--- Listed records Enclosed Below ---

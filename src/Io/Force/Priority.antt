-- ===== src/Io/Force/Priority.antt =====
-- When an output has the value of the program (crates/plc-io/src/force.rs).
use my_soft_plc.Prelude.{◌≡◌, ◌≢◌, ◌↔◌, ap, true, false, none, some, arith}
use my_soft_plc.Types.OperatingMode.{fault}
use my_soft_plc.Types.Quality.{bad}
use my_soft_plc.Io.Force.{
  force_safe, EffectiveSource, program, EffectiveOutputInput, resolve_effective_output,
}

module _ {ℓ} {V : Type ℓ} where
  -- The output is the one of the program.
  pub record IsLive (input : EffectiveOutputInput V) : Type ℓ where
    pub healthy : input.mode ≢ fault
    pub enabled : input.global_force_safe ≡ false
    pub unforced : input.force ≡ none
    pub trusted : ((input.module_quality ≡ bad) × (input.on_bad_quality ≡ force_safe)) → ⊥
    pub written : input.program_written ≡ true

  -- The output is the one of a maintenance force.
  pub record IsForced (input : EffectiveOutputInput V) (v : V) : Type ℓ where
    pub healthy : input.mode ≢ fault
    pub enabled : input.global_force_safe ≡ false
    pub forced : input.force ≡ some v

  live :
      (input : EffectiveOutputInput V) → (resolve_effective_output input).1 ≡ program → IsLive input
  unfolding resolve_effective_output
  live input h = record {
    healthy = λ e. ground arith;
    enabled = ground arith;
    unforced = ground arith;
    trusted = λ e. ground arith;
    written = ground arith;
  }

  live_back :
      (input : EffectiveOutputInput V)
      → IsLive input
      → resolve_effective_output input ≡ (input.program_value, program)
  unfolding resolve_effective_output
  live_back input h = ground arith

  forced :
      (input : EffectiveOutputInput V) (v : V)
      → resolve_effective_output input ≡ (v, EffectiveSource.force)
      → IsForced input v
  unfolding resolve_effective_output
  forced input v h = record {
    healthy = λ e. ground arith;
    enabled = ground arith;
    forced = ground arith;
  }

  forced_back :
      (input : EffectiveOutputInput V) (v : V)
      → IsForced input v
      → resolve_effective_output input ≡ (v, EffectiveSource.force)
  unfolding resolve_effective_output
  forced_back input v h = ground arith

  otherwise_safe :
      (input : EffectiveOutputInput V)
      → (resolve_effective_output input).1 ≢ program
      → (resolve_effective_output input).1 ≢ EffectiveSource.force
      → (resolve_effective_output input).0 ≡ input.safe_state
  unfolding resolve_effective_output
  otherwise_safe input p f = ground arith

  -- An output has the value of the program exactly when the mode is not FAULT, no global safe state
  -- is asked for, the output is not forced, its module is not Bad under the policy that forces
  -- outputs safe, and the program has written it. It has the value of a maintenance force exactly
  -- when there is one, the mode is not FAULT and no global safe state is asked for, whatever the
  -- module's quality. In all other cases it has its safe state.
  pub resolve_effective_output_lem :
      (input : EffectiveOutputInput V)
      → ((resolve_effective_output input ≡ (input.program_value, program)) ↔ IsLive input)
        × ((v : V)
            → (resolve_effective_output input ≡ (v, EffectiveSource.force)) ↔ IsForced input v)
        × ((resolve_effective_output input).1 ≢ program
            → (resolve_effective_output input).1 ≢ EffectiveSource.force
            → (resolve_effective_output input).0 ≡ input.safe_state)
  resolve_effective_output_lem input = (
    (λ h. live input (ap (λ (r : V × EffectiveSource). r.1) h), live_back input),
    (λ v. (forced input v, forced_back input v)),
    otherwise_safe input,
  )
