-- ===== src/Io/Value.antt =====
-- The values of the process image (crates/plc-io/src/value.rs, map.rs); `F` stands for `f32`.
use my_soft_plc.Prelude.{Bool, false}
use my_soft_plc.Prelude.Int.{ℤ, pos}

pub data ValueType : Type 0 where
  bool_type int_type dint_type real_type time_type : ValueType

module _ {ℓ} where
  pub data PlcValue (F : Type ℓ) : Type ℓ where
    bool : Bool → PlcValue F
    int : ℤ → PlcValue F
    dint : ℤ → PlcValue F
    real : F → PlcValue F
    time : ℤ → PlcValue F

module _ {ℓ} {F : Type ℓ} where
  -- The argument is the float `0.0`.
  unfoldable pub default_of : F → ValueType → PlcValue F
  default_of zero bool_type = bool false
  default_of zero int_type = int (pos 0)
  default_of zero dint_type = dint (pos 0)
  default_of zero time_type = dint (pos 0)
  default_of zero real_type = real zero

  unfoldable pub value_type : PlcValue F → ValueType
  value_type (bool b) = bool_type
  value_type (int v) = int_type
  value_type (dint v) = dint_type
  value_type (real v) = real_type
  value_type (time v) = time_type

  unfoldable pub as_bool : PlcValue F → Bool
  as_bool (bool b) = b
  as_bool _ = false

--- End of Enclosed Listed records ---

Output all of the material, please, exactly as it stands.

filename src/Io/Force/Priority.antt
-- ===== src/Io/Force/Priority.antt =====
-- When an output has the value of the program (crates/plc-io/src/force.rs).
use my_soft_plc.Prelude.{◌≡◌, ◌≢◌, ◌↔◌, ap, true, false, none, some, arith}
use my_soft_plc.Types.OperatingMode.{fault}
use my_soft_plc.Types.Quality.{bad}
use my_soft_plc.Io.Force.{
  force_safe, EffectiveSource, program, EffectiveOutputInput, resolve_effective_output,
}

module _ {ℓ} {V : Type ℓ} where
  -- The output is the one of the program.
  pub record IsLive (input : EffectiveOutputInput V) : Type ℓ where
    pub healthy : input.mode ≢ fault
    pub enabled : input.global_force_safe ≡ false
    pub unforced : input.force ≡ none
    pub trusted : ((input.module_quality ≡ bad) × (input.on_bad_quality ≡ force_safe)) → ⊥
    pub written : input.program_written ≡ true

  -- The output is the one of a maintenance force.
  pub record IsForced (input : EffectiveOutputInput V) (v : V) : Type ℓ where
    pub healthy : input.mode ≢ fault
    pub enabled : input.global_force_safe ≡ false
    pub forced : input.force ≡ some v

  live :
      (input : EffectiveOutputInput V) → (resolve_effective_output input).1 ≡ program → IsLive input
  unfolding resolve_effective_output
  live input h = record {
    healthy = λ e. ground arith;
    enabled = ground arith;
    unforced = ground arith;
    trusted = λ e. ground arith;
    written = ground arith;
  }

  live_back :
      (input : EffectiveOutputInput V)
      → IsLive input
      → resolve_effective_output input ≡ (input.program_value, program)
  unfolding resolve_effective_output
  live_back input h = ground arith

  forced :
      (input : EffectiveOutputInput V) (v : V)
      → resolve_effective_output input ≡ (v, EffectiveSource.force)
      → IsForced input v
  unfolding resolve_effective_output
  forced input v h = record {
    healthy = λ e. ground arith;
    enabled = ground arith;
    forced = ground arith;
  }

  forced_back :
      (input : EffectiveOutputInput V) (v : V)
      → IsForced input v
      → resolve_effective_output input ≡ (v, EffectiveSource.force)
  unfolding resolve_effective_output
  forced_back input v h = ground arith

  otherwise_safe :
      (input : EffectiveOutputInput V)
      → (resolve_effective_output input).1 ≢ program
      → (resolve_effective_output input).1 ≢ EffectiveSource.force
      → (resolve_effective_output input).0 ≡ input.safe_state
  unfolding resolve_effective_output
  otherwise_safe input p f = ground arith

  -- An output has the value of the program exactly when the mode is not FAULT, no global safe state
  -- is asked for, the output is not forced, its module is not Bad under the policy that forces
  -- outputs safe, and the program has written it. It has the value of a maintenance force exactly
  -- when there is one, the mode is not FAULT and no global safe state is asked for, whatever the
  -- module's quality. In all other cases it has its safe state.
  pub resolve_effective_output_lem :
      (input : EffectiveOutputInput V)
      → ((resolve_effective_output input ≡ (input.program_value, program)) ↔ IsLive input)
        × ((v : V)
            → (resolve_effective_output input ≡ (v, EffectiveSource.force)) ↔ IsForced input v)
        × ((resolve_effective_output input).1 ≢ program
            → (resolve_effective_output input).1 ≢ EffectiveSource.force
            → (resolve_effective_output input).0 ≡ input.safe_state)
  resolve_effective_output_lem input = (
    (λ h. live input (ap (λ (r : V × EffectiveSource). r.1) h), live_back input),
    (λ v. (forced input v, forced_back input v)),
    otherwise_safe input,
  )
-- ===== src/Io/Value.antt =====
-- The values of the process image (crates/plc-io/src/value.rs, map.rs); `F` stands for `f32`.
use my_soft_plc.Prelude.{Bool, false}
use my_soft_plc.Prelude.Int.{ℤ, pos}

pub data ValueType : Type 0 where
  bool_type int_type dint_type real_type time_type : ValueType

module _ {ℓ} where
  pub data PlcValue (F : Type ℓ) : Type ℓ where
    bool : Bool → PlcValue F
    int : ℤ → PlcValue F
    dint : ℤ → PlcValue F
    real : F → PlcValue F
    time : ℤ → PlcValue F

module _ {ℓ} {F : Type ℓ} where
  -- The argument is the float `0.0`.
  unfoldable pub default_of : F → ValueType → PlcValue F
  default_of zero bool_type = bool false
  default_of zero int_type = int (pos 0)
  default_of zero dint_type = dint (pos 0)
  default_of zero time_type = dint (pos 0)
  default_of zero real_type = real zero

  unfoldable pub value_type : PlcValue F → ValueType
  value_type (bool b) = bool_type
  value_type (int v) = int_type
  value_type (dint v) = dint_type
  value_type (real v) = real_type
  value_type (time v) = time_type

  unfoldable pub as_bool : PlcValue F → Bool
  as_bool (bool b) = b
  as_bool _ = false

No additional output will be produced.